-- ===== src/Auth/Usecase/Outcome.antt =====
-- What `login` does, by its outcome.
use python_react_template.Prelude.{
  ℕ, ◌≡◌, ◌≢◌, refl, sym, ap, subst, inl, inr, arith, String, Bool, true, ◌&&◌, Option, none, some,
  str_eq, ◌∙◌, find, Option-cases, Bool-cases,
}
use python_react_template.Store.Rows.{User, AuthSession, Db, login_success}
use python_react_template.Store.Exec.{Env, Exec, World, Result, ok, transaction}
use python_react_template.Store.Exec.Laws.{>>=-ok, transaction-committed}
use python_react_template.Store.AuthRepository.Users.{get_user, find_user_by_email, is_present}
use python_react_template.RateLimit.Interface.{LoginRateLimiter}
use python_react_template.Auth.Settings.{AuthSettings, rate_limit_ip}
use python_react_template.Auth.Usecase.Context.{IssuedAuthSession, start_session}
use python_react_template.Auth.Usecase.RoundTrip.{IsOpenFor, IsOpenFor-db, start_session-opens}
use python_react_template.Auth.Usecase.Login.{
  accepted, login, login_checked, login_accepted, login_issued, login_refused,
}

-- The user may log in with the password.
pub record MayLogin (env : Env) (password : String) (u : User) : Type 0 where
  pub is_active : u.is_active ≡ true
  pub has_password :
      (hash : String) × (u.password_hash ≡ some hash) × (env.verify_password password hash ≡ true)

accepted-MayLogin :
    (env : Env) (password : String) (o : Option User) {u : User}
    → accepted env password o ≡ some u
    → (o ≡ some u) × MayLogin env password u
unfolding accepted
accepted-MayLogin env password none e = absurd (cc)
accepted-MayLogin env password (some r) {u} e = elim (Option-cases r.password_hash) [
  | inl no_hash ↦ absurd (ground arith)
  | inr (hash, there) ↦
      let same : r ≡ u = ground arith in
      (
        ap some same,
        subst (MayLogin env password) same
            (record { is_active = ground arith; has_password = (hash, there, ground arith) }),
      )
]

module _ (R : LoginRateLimiter) (env : Env) (settings : AuthSettings) where
  login_issued-frame :
      (ip e : String) (u : User) (s : AuthSession) (st ct : String) (w : World R.State)
      {issued : IssuedAuthSession}
      → (login_issued R env settings ip e (u, s, st, ct) w).0 ≡ ok issued
      → (u ≡ issued.user)
        × (s ≡ issued.session)
        × (st ≡ issued.session_token)
        × ((login_issued R env settings ip e (u, s, st, ct) w).1.db ≡ w.db)
  unfolding login_issued
  login_issued-frame ip e u s st ct w h = (ground arith, ground arith, ground arith, refl)

  -- What a login that succeeded with a user left behind.
  pub record IsLoggedIn (user_id now : ℕ) (db : Db) (w' : World R.State)
      (issued : IssuedAuthSession) : Type 0 where
    pub before :
        (u : User) × (get_user user_id db.users ≡ some u)
        × (issued.user ≡ record u { last_logged_in_at = some now })
        × (u.deleted_at ≡ none)
    pub after : get_user user_id w'.db.users ≡ some issued.user
    pub session : IsOpenFor env user_id issued.session issued.session_token w'

  login_accepted-opens :
      (ip e : String) (user : User) (cur a ua : Option String) (w : World R.State)
      {issued : IssuedAuthSession}
      → (login_accepted R env settings ip e user cur a ua w).0 ≡ ok issued
      → IsLoggedIn user.id
          (env.utcnow w.calls)
          w.db
          (login_accepted R env settings ip e user cur a ua w).1
          issued
  unfolding login_accepted
  login_accepted-opens ip e user cur a ua w {issued} h =
      let (p, made, rest, same) = >>=-ok (transaction m) (login_issued R env settings ip e) w h in
      let (t, started, db) = transaction-committed m w made in opened p t started db rest same
    where
      m : Exec R.State (User × AuthSession × String × String)
      m = start_session env settings login_success user.id cur a ua

      r : World R.State
      r = (transaction m w).1

      opened :
          (p : User × AuthSession × String × String) (t : Bool)
          → (m (record w { in_transaction = t })).0 ≡ ok p
          → r.db ≡ (m (record w { in_transaction = t })).1.db
          → (login_issued R env settings ip e p r).0 ≡ ok issued
          → login_accepted R env settings ip e user cur a ua w
            ≡ login_issued R env settings ip e p r
          → IsLoggedIn user.id
              (env.utcnow w.calls)
              w.db
              (login_accepted R env settings ip e user cur a ua w).1
              issued
      opened (v, s, st, ct) t started db rest same =
          let w1 : World R.State = record w { in_transaction = t } in
          let (u, there, changed, kept, after, opens) =
            start_session-opens env settings login_success user.id cur a ua w1 started in
          let (ev, es, et, db') = login_issued-frame ip e v s st ct r rest in
          let w' = (login_accepted R env settings ip e user cur a ua w).1 in
          let all : w'.db ≡ (m w1).1.db =
            ap (λ (x : Result IssuedAuthSession × World R.State). x.1.db) same ∙ db' ∙ db in
          record {
            before = (u, there, sym ev ∙ changed, kept);
            after = ap (λ (d : Db). get_user user.id d.users) all ∙ after ∙ ap some ev;
            session =
                subst (λ x. IsOpenFor env user.id issued.session x w') et
                  (subst (λ x. IsOpenFor env user.id x st w') es
                    (IsOpenFor-db env user.id s st (m w1).1 w' all opens));
          }

  -- The user that `login` looks up.
  abbrev pub login_user : String → World R.State → Option User
  login_user email w =
      find
        (λ (u : User). str_eq (env.sql_lower u.email) (env.lower (env.strip email)) && is_present u)
        w.db.users

  login_refused-err :
      (ip e : String) (o : Option User) (a ua : Option String) (w : World R.State)
      {issued : IssuedAuthSession}
      → (login_refused R env settings ip e o a ua w).0 ≢ ok issued
  unfolding login_refused
  login_refused-err ip e o a ua w h = ground arith

  login_checked-opens :
      (ip e password : String) (o : Option User) (cur a ua : Option String) (w : World R.State)
      {issued : IssuedAuthSession}
      → (login_checked R env settings ip e o (accepted env password o) cur a ua w).0 ≡ ok issued
      → (u : User) × (o ≡ some u)
        × MayLogin env password u
        × IsLoggedIn u.id
            (env.utcnow w.calls)
            w.db
            (login_checked R env settings ip e o (accepted env password o) cur a ua w).1
            issued
  unfolding login_checked
  login_checked-opens ip e password o cur a ua w {issued} h =
      elim (Option-cases (accepted env password o)) [
        | inl refused ↦ absurd (login_refused-err ip e o a ua w (rw refused at h))
        | inr (u, granted) ↦
            let (there, may) = accepted-MayLogin env password o granted in
            (u, there, may, rw granted (login_accepted-opens ip e u cur a ua w (rw granted at h)))
      ]

  -- A login that succeeds has found the user of the email, active and with that password, has set
  -- the time of the login, and leaves a session of the user that the returned token opens until
  -- it expires.
  pub login-opens :
      (email password : String) (cur ip_address ua : Option String) (w : World R.State)
      {issued : IssuedAuthSession}
      → (login R env settings email password cur ip_address ua w).0 ≡ ok issued
      → (u : User) × (login_user email w ≡ some u)
        × MayLogin env password u
        × IsLoggedIn u.id
            (env.utcnow w.calls)
            w.db
            (login R env settings email password cur ip_address ua w).1
            issued
  unfolding login find_user_by_email
  login-opens email password cur ip_address ua w {issued} h =
      let e = env.lower (env.strip email) in
      let ip = rate_limit_ip ip_address in
      let answer = R.is_allowed ip e w.limiter in
      elim (Bool-cases answer.0) [
        | inl allowed ↦ rw allowed (
            login_checked-opens ip e password (login_user email w) cur ip_address ua
              (record w { limiter = answer.1 }) (rw allowed at h))
        | inr refused ↦ absurd (cc (rw refused at h))
      ]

▬▬▬▬▬▬

Which lines of the data contain "IsLoggedIn"? Copy them all.

  pub record IsLoggedIn (user_id now : ℕ) (db : Db) (w' : World R.State)
      → IsLoggedIn user.id
          → IsLoggedIn user.id
        × IsLoggedIn u.id
        × IsLoggedIn u.id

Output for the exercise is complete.